I love the overall plan but this part would worry me... The most obvious
contingency plan when you're putting so many eggs into one basket is to keep a
kill-switch somewhere like your domain registrar, where you can abandon ship
entirely by switching nameservers in the worst of scenarios, right?

Correct me if I'm wrong but when the Cloudflare dashboard went down a few
weeks (months?) ago, no sort of DNS-level changes would have been possible.
(Either way, I don't think you can even set external nameservers for domains
on Cloudflare Registrar yet?)

Just curious about the thinking behind this particular move and why the pros
outweigh the cons of leaving the domain where it is.

------
mattbee
Oh - we're back to talking about trust & Cloudflare again.
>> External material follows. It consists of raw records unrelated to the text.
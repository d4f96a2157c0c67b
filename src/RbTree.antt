-- ===== src/RbTree.antt =====
-- mini_rtos/src/rbtree.c and mini_rtos/include/rbtree.h: the red-black tree of the scheduler.
-- A node is known together with its `parent` pointers as a subtree and the list of frames above it
-- (a zipper): the first frame is the parent, with the other child, and the empty list is the
-- sentinel `tree->nil` above the root. `tree->nil` below is `nil`. `none` stands for the read through
-- the null `left` of the sentinel. `tree->get_key` is the parameter `get_key`, and whether `malloc`
-- succeeds is an argument.
pub mod Shape
pub mod Contents
pub mod Insert
pub mod Query
pub mod Removal
mod Tests
use self_mini_os.Common.{
  ◌>>=◌, ℕ, ◌+◌, ◌≡◌, Bool, true, false, Option, none, some, List, [], ◌∷◌, ◌++◌, ltb, ◌==◌,
  if◌then◌else◌, add32,
}

-- `rb_color_t`
pub data Color : Type 0 where
  black red : Color

pub data Tree (T : Type 0) : Type 0 where
  nil : Tree T
  node : Color → Tree T → ℕ → T → Tree T → Tree T

-- a parent of which the subtree is the left child, or the right one
pub data Frame (T : Type 0) : Type 0 where
  left_of : Color → ℕ → T → Tree T → Frame T
  right_of : Color → Tree T → ℕ → T → Frame T

-- `rb_tree_t`, less `nil` and `get_key`
pub record RbTree (T : Type 0) : Type 0 where
  pub root : Tree T
  pub size : ℕ

abbrev pub is_red : Color → Bool
is_red black = false
is_red red = true

module _ {T : Type 0} where
  -- `x->color`; the sentinel is black
  abbrev pub color : Tree T → Color
  color nil = black
  color (node c l k t r) = c

  abbrev pub frame_color : Frame T → Color
  frame_color (left_of c k t r) = c
  frame_color (right_of c l k t) = c

  -- `x->color = c`
  abbrev pub paint : Color → Tree T → Tree T
  paint c nil = nil
  paint c (node _ l k t r) = node c l k t r

  -- the parent with this child
  abbrev pub close : Frame T → Tree T → Tree T
  close (left_of c k t r) x = node c x k t r
  close (right_of c l k t) x = node c l k t x

  -- the whole tree
  abbrev pub zip_up : Tree T → List (Frame T) → Tree T
  zip_up x [] = x
  zip_up x (f ∷ path) = zip_up (close f x) path

  -- `rb_left_rotate`, on the subtree at `x`
  abbrev pub left_rotate : Tree T → Option (Tree T)
  left_rotate (node c a k t (node c' b k' t' d)) = some (node c' (node c a k t b) k' t' d)
  left_rotate _ = none

  -- `rb_right_rotate`, on the subtree at `y`
  abbrev pub right_rotate : Tree T → Option (Tree T)
  right_rotate (node c (node c' a k' t' b) k t d) = some (node c' a k' t' (node c b k t d))
  right_rotate _ = none

  -- the two steps of `rb_insert_fixup` at a black uncle, `z->parent` being the left child
  pub rotate_left_side : Tree T → Frame T → ℕ → T → Tree T → Option (Tree T)
  rotate_left_side z (left_of c k t s) kg tg uncle =
      right_rotate (node red (paint black (node c z k t s)) kg tg uncle)
  rotate_left_side z (right_of c s k t) kg tg uncle = do
    p ← left_rotate (node c s k t z)
    right_rotate (node red (paint black p) kg tg uncle)

  -- the same with `z->parent` the right child
  pub rotate_right_side : Tree T → Frame T → Tree T → ℕ → T → Option (Tree T)
  rotate_right_side z (right_of c s k t) uncle kg tg =
      left_rotate (node red uncle kg tg (paint black (node c s k t z)))
  rotate_right_side z (left_of c k t s) uncle kg tg = do
    p ← right_rotate (node c z k t s)
    left_rotate (node red uncle kg tg (paint black p))

  -- the loop of `rb_insert_fixup` at `z`, up to the root; after a rotation `z->parent` is black and
  -- the loop ends
  pub fixup : Tree T → List (Frame T) → Option (Tree T)
  unfolding rotate_left_side rotate_right_side
  fixup z [] = some z
  fixup z (f ∷ []) = if is_red (frame_color f) then none else some (close f z)
  fixup z (f ∷ left_of c kg tg uncle ∷ path) =
      let up = fixup (node red (paint black (close f z)) kg tg (paint black uncle)) path in
      if is_red (frame_color f)
      then if is_red (color uncle)
        then up
        else rotate_left_side z f kg tg uncle >>= (λ g. some (zip_up g path))
      else some (zip_up z (f ∷ left_of c kg tg uncle ∷ path))
  fixup z (f ∷ right_of c uncle kg tg ∷ path) =
      let up = fixup (node red (paint black uncle) kg tg (paint black (close f z))) path in
      if is_red (frame_color f)
      then if is_red (color uncle)
        then up
        else rotate_right_side z f uncle kg tg >>= (λ g. some (zip_up g path))
      else some (zip_up z (f ∷ right_of c uncle kg tg ∷ path))

  -- the descent of `rb_insert`
  pub descend : ℕ → Tree T → List (Frame T) → List (Frame T)
  descend key nil path = path
  descend key (node c l k t r) path = elim (ltb key k) [
    | true ↦ descend key l (left_of c k t r ∷ path)
    | false ↦ descend key r (right_of c l k t ∷ path)
  ]

  -- `rb_minimum` and `rb_maximum`; at the sentinel they follow its null child
  pub minimum : Tree T → Option (ℕ × T)
  minimum nil = none
  minimum (node c nil k t r) = some (k, t)
  minimum (node c (node c' a k' t' b) k t r) = minimum (node c' a k' t' b)

  pub maximum : Tree T → Option (ℕ × T)
  maximum nil = none
  maximum (node c l k t nil) = some (k, t)
  maximum (node c l k t (node c' a k' t' b)) = maximum (node c' a k' t' b)

  -- `rb_search`
  pub search_key : ℕ → Tree T → Option (ℕ × T)
  search_key key nil = none
  search_key key (node c l k t r) = elim (key == k) [
    | true ↦ some (k, t)
    | false ↦ elim (ltb key k) [ true ↦ search_key key l | false ↦ search_key key r ]
  ]

  -- `rb_find_task`, with the comparison of task pointers
  pub find_task : (T → T → Bool) → T → ℕ → Tree T → Option (ℕ × T)
  find_task same task key nil = none
  find_task same task key (node c l k t r) = elim (same task t) [
    | true ↦ some (k, t)
    | false ↦ elim (ltb key k) [
      | true ↦ find_task same task key l
      | false ↦ find_task same task key r
    ]
  ]

  -- the calls of `visit` in `rb_inorder_walk`, and in `rb_preorder_walk`
  abbrev pub inorder : Tree T → List (ℕ × T)
  inorder nil = []
  inorder (node c l k t r) = inorder l ++ (k, t) ∷ inorder r

  pub preorder : Tree T → List (ℕ × T)
  preorder nil = []
  preorder (node c l k t r) = (k, t) ∷ (preorder l ++ preorder r)

  pub init : RbTree T
  init = record { root = nil; size = 0 }

  pub size : RbTree T → ℕ
  size tree = tree.size

  pub is_empty : RbTree T → Bool
  is_empty tree = elim tree.root [ nil ↦ true | node c l k t r ↦ false ]

  pub clear : RbTree T → RbTree T
  clear tree = record { root = nil; size = 0 }

  module _ (get_key : T → ℕ) where
    -- `rb_insert`
    pub insert : RbTree T → T → Bool → Option (RbTree T)
    insert tree task false = some tree
    insert tree task true = do
      root ← fixup (node red nil (get_key task) task nil) (descend (get_key task) tree.root [])
      some (record { root = paint black root; size = add32 tree.size 1 })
Cloudflare have always hosted [ _] booter / stresser / DDoS-for-hire sites.
Right now I can find 8 sites on their network when I search for "booter" (it's
been higher). So Cloudflare are responsible for keeping criminal activity
online, and defending them from visibility to their downstream hosts, who
might otherwise cut them off.

Cloudflare also sell DDoS protection from the same criminals. Because they
host them, they can see where attacks will happen next - an advantage other
big CDNs won't tolerate.

That adds up to a protection racket - in the 90s this type of shady business
wouldn't have been able to source connectivity. But now they're the good guys
:( I don't get it.

[_] Cloudflare have tended to cry "we don't host anything!". But if they
stopped providing service, these sites probably couldn't exist. I call that
mission-critical hosting.

------
cagenut
wow you rarely see "tech" companies migrate in this direction (vs say
enterprise or smb).

------
secondo
_As a result of the complexity and requirements, we realized we would like to
have a solution for CDN, WAF, and DDOS protection with one vendor._

Depending on your definition of ddos protection Fastly has those things along
with granular and semi scriptable configurability via vcl. Granted it’s been
2-3 years since I last did a comparison between Fastly and Cloudflare but I
can’t understand why a company with presumably a need for configurability at
the edge would make this choice. Cloudflare’s entry tiers are unbeatable in
price but beyond that it’s extremely bulky.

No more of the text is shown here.